Probability Distribution/Random Variable problem.

[The_Iceflash]

Homework Statement

Roll a dice 4 times
X = smallest face observed
P(X=6) = 1/1296

Find:
P(X=1)
P(X=2)
P(X=3)
P(X=4)
P(X=5)

Homework Equations

N/A

The Attempt at a Solution

[PLAIN]http://img145.imageshack.us/img145/2773/62b19dc3faac4cc4a989485.gif

The issue is that the sum of numerators don't equal the denominator and I'm pretty sure it has to.

 

[jbunniii]

Your calculation for P(X = 1) is incorrect.

X = 1 iff at least one face is 1. The complement of this event is "no face is 1." So I can calculate the probability as follows:

P(X = 1) = 1 - P(\textrm{no face is 1}) = 1 - \left(5/6\right)^4 = 671/1296

Another, more laborious way to do this is to break the event down into disjoint cases that are easier to calculate:

"at least face is 1" is the disjoint union of the following:

"exactly one face is 1"
"exactly two faces are 1"
"exactly three faces are 1"
"exactly four faces are 1"

So you can calculate the probabilities of these four events and add them to get the answer.

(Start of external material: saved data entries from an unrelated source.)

-- ===== src/SpellRolls/Totals.antt =====
-- The sums that `CheckRecording::validate` of src/spell_rolls.rs makes do not wrap around.
use wire_harness.Prelude.{
  ℕ, ◌+◌, ◌*◌, ◌%◌, ◌^◌, ◌≤◌, ◌<◌, ◌≡◌, refl, sym, ap, ◌∙◌, true, List, [], ◌∷◌, length, Result, ok,
  err, ◌>>◌, Result-cases, inl, inr, arith,
}
use mathlib.Core.Path.{subst}
use wire_harness.Rolls.Binomial.{Floats}
use wire_harness.SpellRolls.Outcomes.{Error, Counts, no_counts, total, validate}
use wire_harness.SpellRolls.Recording.{
  RecordedCharacter, CheckRecording, Specification, add_counts, same_counts, add_blocks,
  validate_character, add_characters, at_level, level_total, check_level, check,
}

-- The sum of two arrays of counts as numbers.
unfoldable pub plus_counts : Counts → Counts → Counts
plus_counts c d = record {
  misses = c.misses + d.misses;
  resists = c.resists + d.resists;
  crits = c.crits + d.crits;
  hits = c.hits + d.hits;
  partials = c.partials + d.partials;
}

unfoldable pub plus_blocks : Counts → List Counts → Counts
unfolding plus_counts
plus_blocks counts [] = counts
plus_blocks counts (b ∷ bs) = plus_blocks (plus_counts counts b) bs

-- The sum of the blocks of every character.
unfoldable pub plus_characters : Counts → List RecordedCharacter → Counts
unfolding plus_blocks
plus_characters counts [] = counts
plus_characters counts (c ∷ cs) = plus_characters (plus_blocks counts c.blocks) cs

-- No count is above `n`.
unfoldable pub Within : ℕ → Counts → Type 0
Within n c = (total c ≤ n) × (c.partials ≤ n)

validate-Within : (c : Counts) (n : ℕ) → validate c n ≡ ok tt → Within n c
unfolding validate Within total
validate-Within c n h = ground arith

Within-plus : (n m : ℕ) (c d : Counts) → Within n c → Within m d → Within (n + m) (plus_counts c d)
unfolding Within total plus_counts
Within-plus n m c d x y = ground (arith, x.0, x.1, y.0, y.1)

add_counts-plus :
    (n m : ℕ) (c d : Counts)
    → Within n c
    → Within m d
    → n + m < 2 ^ 32
    → add_counts c d ≡ plus_counts c d
unfolding Within total add_counts plus_counts
add_counts-plus n m c d x y l =
    let misses : (c.misses + d.misses) % 2 ^ 32 ≡ c.misses + d.misses = omega (arith, x.0, y.0) in
    let resists : (c.resists + d.resists) % 2 ^ 32 ≡ c.resists + d.resists =
      omega (arith, x.0, y.0) in
    let crits : (c.crits + d.crits) % 2 ^ 32 ≡ c.crits + d.crits = omega (arith, x.0, y.0) in
    let hits : (c.hits + d.hits) % 2 ^ 32 ≡ c.hits + d.hits = omega (arith, x.0, y.0) in
    let partials : (c.partials + d.partials) % 2 ^ 32 ≡ c.partials + d.partials =
      omega (arith, x.1, y.1) in
    rw (misses, resists, crits, hits, partials) refl

same_counts-eq : (c d : Counts) → same_counts c d ≡ true → c ≡ d
unfolding same_counts
same_counts-eq c d h = ground arith

accepted :
    {A : Type 0} (r : Result Error (Unit {0})) (s : Result Error A) (a : A)
    → (r >> s) ≡ ok a
    → (r ≡ ok tt) × (s ≡ ok a)
accepted (ok tt) s a h = (refl, h)
accepted (err e) s a h = absurd (ground arith)

add_blocks-plus :
    (n : ℕ) (c r : Counts) (bs : List Counts)
    → Within n c
    → n + 50 * length bs < 2 ^ 32
    → add_blocks c bs ≡ ok r
    → r ≡ plus_blocks c bs
unfolding add_blocks plus_blocks
add_blocks-plus n c r [] w l h = ground arith
add_blocks-plus n c r (b ∷ bs) w l h =
    let (valid, more) = accepted (validate b 50) (add_blocks (add_counts c b) bs) r h in
    let small = validate-Within b 50 valid in
    let flat = add_counts-plus n 50 c b w small (omega arith) in
    add_blocks-plus (n + 50) (plus_counts c b) r bs (Within-plus n 50 c b w small) (omega arith)
      (subst (λ k. add_blocks k bs ≡ ok r) flat more)

plus_counts_assoc :
    (c d e : Counts) → plus_counts (plus_counts c d) e ≡ plus_counts c (plus_counts d e)
unfolding plus_counts
plus_counts_assoc c d e = ground arith

plus_counts-none : (c : Counts) → plus_counts c no_counts ≡ c
unfolding plus_counts no_counts
plus_counts-none c = ground arith

plus_blocks-plus :
    (c d : Counts) (bs : List Counts)
    → plus_blocks (plus_counts c d) bs ≡ plus_counts c (plus_blocks d bs)
unfolding plus_blocks
plus_blocks-plus c d [] = refl
plus_blocks-plus c d (b ∷ bs) =
    ap (λ k. plus_blocks k bs) (plus_counts_assoc c d b) ∙ plus_blocks-plus c (plus_counts d b) bs

none-Within : Within 0 no_counts
unfolding Within total no_counts
none-Within = ground arith

validate_character-plus :
    (c : RecordedCharacter)
    → validate_character c ≡ ok tt
    → (c.counts ≡ plus_blocks no_counts c.blocks) × Within 250 c.counts
unfolding validate_character
validate_character-plus c h = elim (Result-cases (add_blocks no_counts c.blocks)) [
  | inl (r, e) ↦
      let same = same_counts-eq r c.counts (ground (arith, e)) in
      let size : length c.blocks ≡ 5 = ground (arith, e) in
      (
        sym same ∙ add_blocks-plus 0 no_counts r c.blocks none-Within (omega arith) e,
        validate-Within c.counts 250 (ground (arith, e)),
      )
  | inr (x, e) ↦ absurd (ground (arith, e))
]

plus_counts-blocks :
    (k : Counts) (c : RecordedCharacter)
    → c.counts ≡ plus_blocks no_counts c.blocks
    → plus_counts k c.counts ≡ plus_blocks k c.blocks
plus_counts-blocks k c h =
    ap (plus_counts k) h
    ∙ sym (plus_blocks-plus k no_counts c.blocks)
    ∙ ap (λ x. plus_blocks x c.blocks) (plus_counts-none k)

add_characters-plus :
    (n : ℕ) (k r : Counts) (cs : List RecordedCharacter)
    → Within n k
    → n + 250 * length cs < 2 ^ 32
    → add_characters k cs ≡ ok r
    → r ≡ plus_characters k cs
unfolding add_characters plus_characters
add_characters-plus n k r [] w l h = ground arith
add_characters-plus n k r (c ∷ cs) w l h =
    let (valid, more) =
      accepted (validate_character c) (add_characters (add_counts k c.counts) cs) r h in
    let (sums, small) = validate_character-plus c valid in
    let flat = add_counts-plus n 250 k c.counts w small (omega arith) in
    let blocks = plus_counts-blocks k c sums in
    add_characters-plus (n + 250) (plus_blocks k c.blocks) r cs
      (subst (Within (n + 250)) blocks (Within-plus n 250 k c.counts w small)) (omega arith)
      (subst (λ x. add_characters x cs ≡ ok r) (flat ∙ blocks) more)

level_total-plus :
    (recording : CheckRecording) (level : ℕ) (r : Counts)
    → level_total recording level ≡ ok r
    → r ≡ plus_characters no_counts (at_level level recording.characters)
unfolding level_total
level_total-plus recording level r h =
    let size : length (at_level level recording.characters) ≡ 8 = ground arith in
    add_characters-plus 0 no_counts r (at_level level recording.characters) none-Within
      (omega arith) (ground arith)

check_level-total :
    (floats : Floats) (recording : CheckRecording) (spec : Specification) (index level : ℕ)
    → check_level floats recording spec index level ≡ ok tt
    → level_total recording level
      ≡ ok (plus_characters no_counts (at_level level recording.characters))
unfolding check_level
check_level-total floats recording spec index level h =
    elim (Result-cases (level_total recording level)) [
      | inl (r, e) ↦ e ∙ ap ok (level_total-plus recording level r e)
      | inr (x, e) ↦ absurd (ground (arith, e))
    ]

-- In a spell recording that `validate` accepts, the counts that are compared with the expected
-- rates, for either target level, are the sums, as numbers, of the blocks of its characters: none of
-- the u32 additions wraps around.
pub check-total :
    (floats : Floats) (recording : CheckRecording) (spec : Specification)
    → check floats recording spec ≡ ok tt
    → (level_total recording spec.target_levels.0
        ≡ ok (plus_characters no_counts (at_level spec.target_levels.0 recording.characters)))
      × (level_total recording spec.target_levels.1
          ≡ ok (plus_characters no_counts (at_level spec.target_levels.1 recording.characters)))
unfolding check
check-total floats recording spec h = (
  check_level-total floats recording spec 0 spec.target_levels.0 (ground arith),
  check_level-total floats recording spec 1 spec.target_levels.1 (ground arith),
)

The probability of exactly one face is

{4 \choose 1}(1/6)^1(5/6)^3

and so forth.

I didn't check your answers for P(X = 2) etc. You are correct that the probabilities of the 6 events you listed should add to 1.

 

[The_Iceflash]

^Thanks. What would I do to get P(X=2)...P(X=5)? I'm confused on what to do for the other faces.

 

[jbunniii]

For P(X = 2), I think you have to do disjoint cases as in my second method above.

"the smallest face is 2" is the disjoint union of the following events:

"exactly one face is 2, and the other faces are all > 2"
"exactly two faces are 2, and the other faces are all > 2"
"exactly three faces are 2, and the other faces are all > 2"
"all four faces are 2"

The probability of the first of these events is

{4 \choose 1}(1/6)^1(4/6)^3

and you can calculate the others similarly.

This method should work for P(X=3),...,P(X=5) as well. There might be a simpler short-cut, as there was with P(X = 1), but I don't see one.